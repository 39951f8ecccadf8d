-- ===== src/Server.antt =====
-- src/etdc_etdserver.cc: ETDServer, which opens files for reading and writing, keeps them in the map
-- of transfers under its own uuid, and closes them.
pub mod Listing
mod Exclusive
mod Reach
mod Removal
mod Requests
mod Tests
use etransfer.Common.{
  ℕ, zero, suc, ◌-◌, min, Bool, true, false, List, [], ◌∷◌, ◌++◌, Option, none, some, Bytes, codes,
  Result, ok, err, already_busy, invalid_mode, path_in_use, cannot_seek, not_inserted, not_my_uuid,
  bytes_eq, not, ◌&&◌, ◌||◌, if◌then◌else◌,
}
use etransfer.Common.Int.{ℤ, pos, negsuc, ◌-ℤ◌}
use etransfer.Fd.{EtdcFd, seek_set, seek_end}
use etransfer.OpenMode.{OpenMode, new, over_write, resume, read, skip_existing, invalid, open_flags}
use etransfer.Path.{normalize_path}
use etransfer.DevZero.{is_dev_zero}
use etransfer.Files.{Os, Store, mk_file, mk_device_fd}
use etransfer.State.{Transfer, EtdState, SockName, find_uuid, emplace, erase, find_path, set_locked}

-- allowedModes of requestFileWrite
unfoldable pub is_write_mode : OpenMode → Bool
is_write_mode read = false
is_write_mode invalid = false
is_write_mode m = true

unfoldable pub is_read_mode : OpenMode → Bool
is_read_mode read = true
is_read_mode m = false

abbrev pub dev_null : Bytes
dev_null = codes "/dev/null"

unfoldable pub is_dev_null : Bytes → Bool
is_dev_null path = bytes_eq path dev_null

-- One round of a loop that tries to lock a transfer: it sleeps and starts again, or is done.
pub data Attempt (A : Type 0) : Type 0 where
  again : Attempt A
  done : A → Attempt A

module _ {W : Type 0} where
  -- pathPresent of requestFileWrite
  unfoldable pub path_present : Bytes → List (Bytes × Transfer W) → Bool
  unfolding is_dev_null find_path
  path_present path ts =
      if is_dev_null path then false else elim (find_path path ts) [ none ↦ false | some _ ↦ true ]

  -- The test of requestFileRead: the first transfer of the path, if there is one, reads.
  unfoldable pub may_read : Bytes → List (Bytes × Transfer W) → Bool
  unfolding find_path is_read_mode
  may_read path ts = elim (find_path path ts) [ none ↦ true | some t ↦ is_read_mode t.open_mode ]

  -- The end of both requests: the new transfer goes into the map. If that fails, the last owner of
  -- the descriptor is gone, and it is closed.
  unfoldable pub add_transfer :
      Bytes → Transfer W → ℤ → EtdState W → EtdState W × Result (Bytes × ℤ)
  unfolding emplace
  add_transfer uuid t size st = elim (emplace uuid t st.transfers) [
    | none ↦ (record st { store = t.fd.close st.store }, err not_inserted)
    | some ts ↦ (record st { transfers = ts }, ok (uuid, size))
  ]

  -- requestFileWrite when the descriptor was made, and when the seek is done.
  unfoldable pub sized :
      Bytes
      → Bytes
      → OpenMode
      → EtdcFd (Store W)
      → EtdState W
      → Store W × Result ℤ
      → EtdState W × Result (Bytes × ℤ)
  unfolding add_transfer
  sized uuid path mode fd st (s, err e) = (record st { store = fd.close s }, err e)
  sized uuid path mode fd st (s, ok size) =
      add_transfer uuid (record { path = path; fd = fd; open_mode = mode; locked = false }) size
        (record st { store = s })

  unfoldable pub opened_write :
      Bytes
      → Bytes
      → OpenMode
      → EtdState W
      → Store W × Result (EtdcFd (Store W))
      → EtdState W × Result (Bytes × ℤ)
  unfolding sized
  opened_write uuid path mode st (s, err e) = (record st { store = s }, err e)
  opened_write uuid path mode st (s, ok fd) =
      sized uuid path mode fd st (fd.lseek (pos 0) seek_end s)

  -- requestFileRead when the descriptor was made, and when each of its seeks is done. The second
  -- may give -1 in place of an exception.
  unfoldable pub positioned :
      Bytes
      → Bytes
      → ℤ
      → EtdcFd (Store W)
      → EtdState W
      → Store W × Result ℤ
      → EtdState W × Result (Bytes × ℤ)
  unfolding add_transfer
  positioned uuid path left fd st (s, err e) = (record st { store = fd.close s }, err e)
  positioned uuid path left fd st (s, ok (negsuc zero)) =
      (record st { store = fd.close s }, err cannot_seek)
  positioned uuid path left fd st (s, ok at) =
      add_transfer uuid (record { path = path; fd = fd; open_mode = read; locked = false }) left
        (record st { store = s })

  unfoldable pub sized_read :
      Bytes
      → Bytes
      → ℤ
      → EtdcFd (Store W)
      → EtdState W
      → Store W × Result ℤ
      → EtdState W × Result (Bytes × ℤ)
  unfolding positioned
  sized_read uuid path have fd st (s, err e) = (record st { store = fd.close s }, err e)
  sized_read uuid path have fd st (s, ok size) =
      positioned uuid path (size -ℤ have) fd st (fd.lseek have seek_set s)

  unfoldable pub opened_read :
      Bytes
      → Bytes
      → ℤ
      → EtdState W
      → Store W × Result (EtdcFd (Store W))
      → EtdState W × Result (Bytes × ℤ)
  unfolding sized_read
  opened_read uuid path have st (s, err e) = (record st { store = s }, err e)
  opened_read uuid path have st (s, ok fd) =
      sized_read uuid path have fd st (fd.lseek (pos 0) seek_end s)

  -- ETDServer::removeUUID, one round of its loop. The descriptor is closed, and once more by the
  -- destructor of etdc_fd when the transfer is deleted. (A devzeronull has no descriptor that the
  -- destructor would close; to close it again changes nothing.)
  unfoldable pub remove_uuid : Bytes → Bytes → EtdState W → EtdState W × Attempt (Result Bool)
  unfolding find_uuid erase
  remove_uuid my_uuid uuid st =
      if not (bytes_eq uuid my_uuid)
      then (st, done (err not_my_uuid))
      else elim (find_uuid my_uuid st.transfers) [
        | none ↦ (st, done (ok false))
        | some t ↦ elim t.locked [
          | true ↦ (st, again)
          | false ↦ (
            record st {
              transfers = erase my_uuid st.transfers;
              store = t.fd.close (t.fd.close st.store);
            },
            done (ok true),
          )
        ]
      ]

  -- ETDServer::dataChannelAddr
  unfoldable pub data_channel_addr : EtdState W → List SockName
  data_channel_addr st = st.data_addrs

module _ {W : Type 0} (os : Os W) where
  -- ETDServer::requestFileWrite: the uuid, and the size that the file has.
  unfoldable pub request_file_write :
      Bytes → Bytes → OpenMode → EtdState W → EtdState W × Result (Bytes × ℤ)
  unfolding find_uuid path_present is_write_mode opened_write mk_file mk_device_fd normalize_path
      open_flags
  request_file_write uuid path mode st =
      let npath = normalize_path path in
      elim (find_uuid uuid st.transfers) [
        | some _ ↦ (st, err already_busy)
        | none ↦ elim (is_write_mode mode) [
          | false ↦ (st, err invalid_mode)
          | true ↦ elim (path_present npath st.transfers) [
            | true ↦ (st, err path_in_use)
            | false ↦ opened_write uuid npath mode st (
                if is_dev_null npath
                then mk_device_fd os npath (open_flags mode) st.store
                else mk_file os npath (open_flags mode) st.store)
          ]
        ]
      ]

  -- ETDServer::requestFileRead: the uuid, and how much there is behind `have`.
  unfoldable pub request_file_read :
      Bytes → Bytes → ℤ → EtdState W → EtdState W × Result (Bytes × ℤ)
  unfolding find_uuid may_read opened_read mk_file mk_device_fd normalize_path open_flags
      is_dev_zero
  request_file_read uuid path have st =
      let npath = normalize_path path in
      elim (find_uuid uuid st.transfers) [
        | some _ ↦ (st, err already_busy)
        | none ↦ elim (may_read npath st.transfers) [
          | false ↦ (st, err path_in_use)
          | true ↦ opened_read uuid npath have st (
              if is_dev_zero npath
              then mk_device_fd os npath (open_flags read) st.store
              else mk_file os npath (open_flags read) st.store)
        ]
      ]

• **Assignment**: Without leaving anything out, quote all the data.

• **Task result**:
repository 39951f8ecccadf8d
-- ===== src/Server.antt =====
-- src/etdc_etdserver.cc: ETDServer, which opens files for reading and writing, keeps them in the map
-- of transfers under its own uuid, and closes them.
pub mod Listing
mod Exclusive
mod Reach
mod Removal
mod Requests
mod Tests
use etransfer.Common.{
  ℕ, zero, suc, ◌-◌, min, Bool, true, false, List, [], ◌∷◌, ◌++◌, Option, none, some, Bytes, codes,
  Result, ok, err, already_busy, invalid_mode, path_in_use, cannot_seek, not_inserted, not_my_uuid,
  bytes_eq, not, ◌&&◌, ◌||◌, if◌then◌else◌,
}
use etransfer.Common.Int.{ℤ, pos, negsuc, ◌-ℤ◌}
use etransfer.Fd.{EtdcFd, seek_set, seek_end}
use etransfer.OpenMode.{OpenMode, new, over_write, resume, read, skip_existing, invalid, open_flags}
use etransfer.Path.{normalize_path}
use etransfer.DevZero.{is_dev_zero}
use etransfer.Files.{Os, Store, mk_file, mk_device_fd}
use etransfer.State.{Transfer, EtdState, SockName, find_uuid, emplace, erase, find_path, set_locked}

-- allowedModes of requestFileWrite
unfoldable pub is_write_mode : OpenMode → Bool
is_write_mode read = false
is_write_mode invalid = false
is_write_mode m = true

unfoldable pub is_read_mode : OpenMode → Bool
is_read_mode read = true
is_read_mode m = false

abbrev pub dev_null : Bytes
dev_null = codes "/dev/null"

unfoldable pub is_dev_null : Bytes → Bool
is_dev_null path = bytes_eq path dev_null

-- One round of a loop that tries to lock a transfer: it sleeps and starts again, or is done.
pub data Attempt (A : Type 0) : Type 0 where
  again : Attempt A
  done : A → Attempt A

module _ {W : Type 0} where
  -- pathPresent of requestFileWrite
  unfoldable pub path_present : Bytes → List (Bytes × Transfer W) → Bool
  unfolding is_dev_null find_path
  path_present path ts =
      if is_dev_null path then false else elim (find_path path ts) [ none ↦ false | some _ ↦ true ]

  -- The test of requestFileRead: the first transfer of the path, if there is one, reads.
  unfoldable pub may_read : Bytes → List (Bytes × Transfer W) → Bool
  unfolding find_path is_read_mode
  may_read path ts = elim (find_path path ts) [ none ↦ true | some t ↦ is_read_mode t.open_mode ]

  -- The end of both requests: the new transfer goes into the map. If that fails, the last owner of
  -- the descriptor is gone, and it is closed.
  unfoldable pub add_transfer :
      Bytes → Transfer W → ℤ → EtdState W → EtdState W × Result (Bytes × ℤ)
  unfolding emplace
  add_transfer uuid t size st = elim (emplace uuid t st.transfers) [
    | none ↦ (record st { store = t.fd.close st.store }, err not_inserted)
    | some ts ↦ (record st { transfers = ts }, ok (uuid, size))
  ]

  -- requestFileWrite when the descriptor was made, and when the seek is done.
  unfoldable pub sized :
      Bytes
      → Bytes
      → OpenMode
      → EtdcFd (Store W)
      → EtdState W
      → Store W × Result ℤ
      → EtdState W × Result (Bytes × ℤ)
  unfolding add_transfer
  sized uuid path mode fd st (s, err e) = (record st { store = fd.close s }, err e)
  sized uuid path mode fd st (s, ok size) =
      add_transfer uuid (record { path = path; fd = fd; open_mode = mode; locked = false }) size
        (record st { store = s })

  unfoldable pub opened_write :
      Bytes
      → Bytes
      → OpenMode
      → EtdState W
      → Store W × Result (EtdcFd (Store W))
      → EtdState W × Result (Bytes × ℤ)
  unfolding sized
  opened_write uuid path mode st (s, err e) = (record st { store = s }, err e)
  opened_write uuid path mode st (s, ok fd) =
      sized uuid path mode fd st (fd.lseek (pos 0) seek_end s)

  -- requestFileRead when the descriptor was made, and when each of its seeks is done. The second
  -- may give -1 in place of an exception.
  unfoldable pub positioned :
      Bytes
      → Bytes
      → ℤ
      → EtdcFd (Store W)
      → EtdState W
      → Store W × Result ℤ
      → EtdState W × Result (Bytes × ℤ)
  unfolding add_transfer
  positioned uuid path left fd st (s, err e) = (record st { store = fd.close s }, err e)
  positioned uuid path left fd st (s, ok (negsuc zero)) =
      (record st { store = fd.close s }, err cannot_seek)
  positioned uuid path left fd st (s, ok at) =
      add_transfer uuid (record { path = path; fd = fd; open_mode = read; locked = false }) left
        (record st { store = s })

  unfoldable pub sized_read :
      Bytes
      → Bytes
      → ℤ
      → EtdcFd (Store W)
      → EtdState W
      → Store W × Result ℤ
      → EtdState W × Result (Bytes × ℤ)
  unfolding positioned
  sized_read uuid path have fd st (s, err e) = (record st { store = fd.close s }, err e)
  sized_read uuid path have fd st (s, ok size) =
      positioned uuid path (size -ℤ have) fd st (fd.lseek have seek_set s)

  unfoldable pub opened_read :
      Bytes
      → Bytes
      → ℤ
      → EtdState W
      → Store W × Result (EtdcFd (Store W))
      → EtdState W × Result (Bytes × ℤ)
  unfolding sized_read
  opened_read uuid path have st (s, err e) = (record st { store = s }, err e)
  opened_read uuid path have st (s, ok fd) =
      sized_read uuid path have fd st (fd.lseek (pos 0) seek_end s)

  -- ETDServer::removeUUID, one round of its loop. The descriptor is closed, and once more by the
  -- destructor of etdc_fd when the transfer is deleted. (A devzeronull has no descriptor that the
  -- destructor would close; to close it again changes nothing.)
  unfoldable pub remove_uuid : Bytes → Bytes → EtdState W → EtdState W × Attempt (Result Bool)
  unfolding find_uuid erase
  remove_uuid my_uuid uuid st =
      if not (bytes_eq uuid my_uuid)
      then (st, done (err not_my_uuid))
      else elim (find_uuid my_uuid st.transfers) [
        | none ↦ (st, done (ok false))
        | some t ↦ elim t.locked [
          | true ↦ (st, again)
          | false ↦ (
            record st {
              transfers = erase my_uuid st.transfers;
              store = t.fd.close (t.fd.close st.store);
            },
            done (ok true),
          )
        ]
      ]

  -- ETDServer::dataChannelAddr
  unfoldable pub data_channel_addr : EtdState W → List SockName
  data_channel_addr st = st.data_addrs

module _ {W : Type 0} (os : Os W) where
  -- ETDServer::requestFileWrite: the uuid, and the size that the file has.
  unfoldable pub request_file_write :
      Bytes → Bytes → OpenMode → EtdState W → EtdState W × Result (Bytes × ℤ)
  unfolding find_uuid path_present is_write_mode opened_write mk_file mk_device_fd normalize_path
      open_flags
  request_file_write uuid path mode st =
      let npath = normalize_path path in
      elim (find_uuid uuid st.transfers) [
        | some _ ↦ (st, err already_busy)
        | none ↦ elim (is_write_mode mode) [
          | false ↦ (st, err invalid_mode)
          | true ↦ elim (path_present npath st.transfers) [
            | true ↦ (st, err path_in_use)
            | false ↦ opened_write uuid npath mode st (
                if is_dev_null npath
                then mk_device_fd os npath (open_flags mode) st.store
                else mk_file os npath (open_flags mode) st.store)
          ]
        ]
      ]

  -- ETDServer::requestFileRead: the uuid, and how much there is behind `have`.
  unfoldable pub request_file_read :
      Bytes → Bytes → ℤ → EtdState W → EtdState W × Result (Bytes × ℤ)
  unfolding find_uuid may_read opened_read mk_file mk_device_fd normalize_path open_flags
      is_dev_zero
  request_file_read uuid path have st =
      let npath = normalize_path path in
      elim (find_uuid uuid st.transfers) [
        | some _ ↦ (st, err already_busy)
        | none ↦ elim (may_read npath st.transfers) [
          | false ↦ (st, err path_in_use)
          | true ↦ opened_read uuid npath have st (
              if is_dev_zero npath
              then mk_device_fd os npath (open_flags read) st.store
              else mk_file os npath (open_flags read) st.store)
        ]
      ]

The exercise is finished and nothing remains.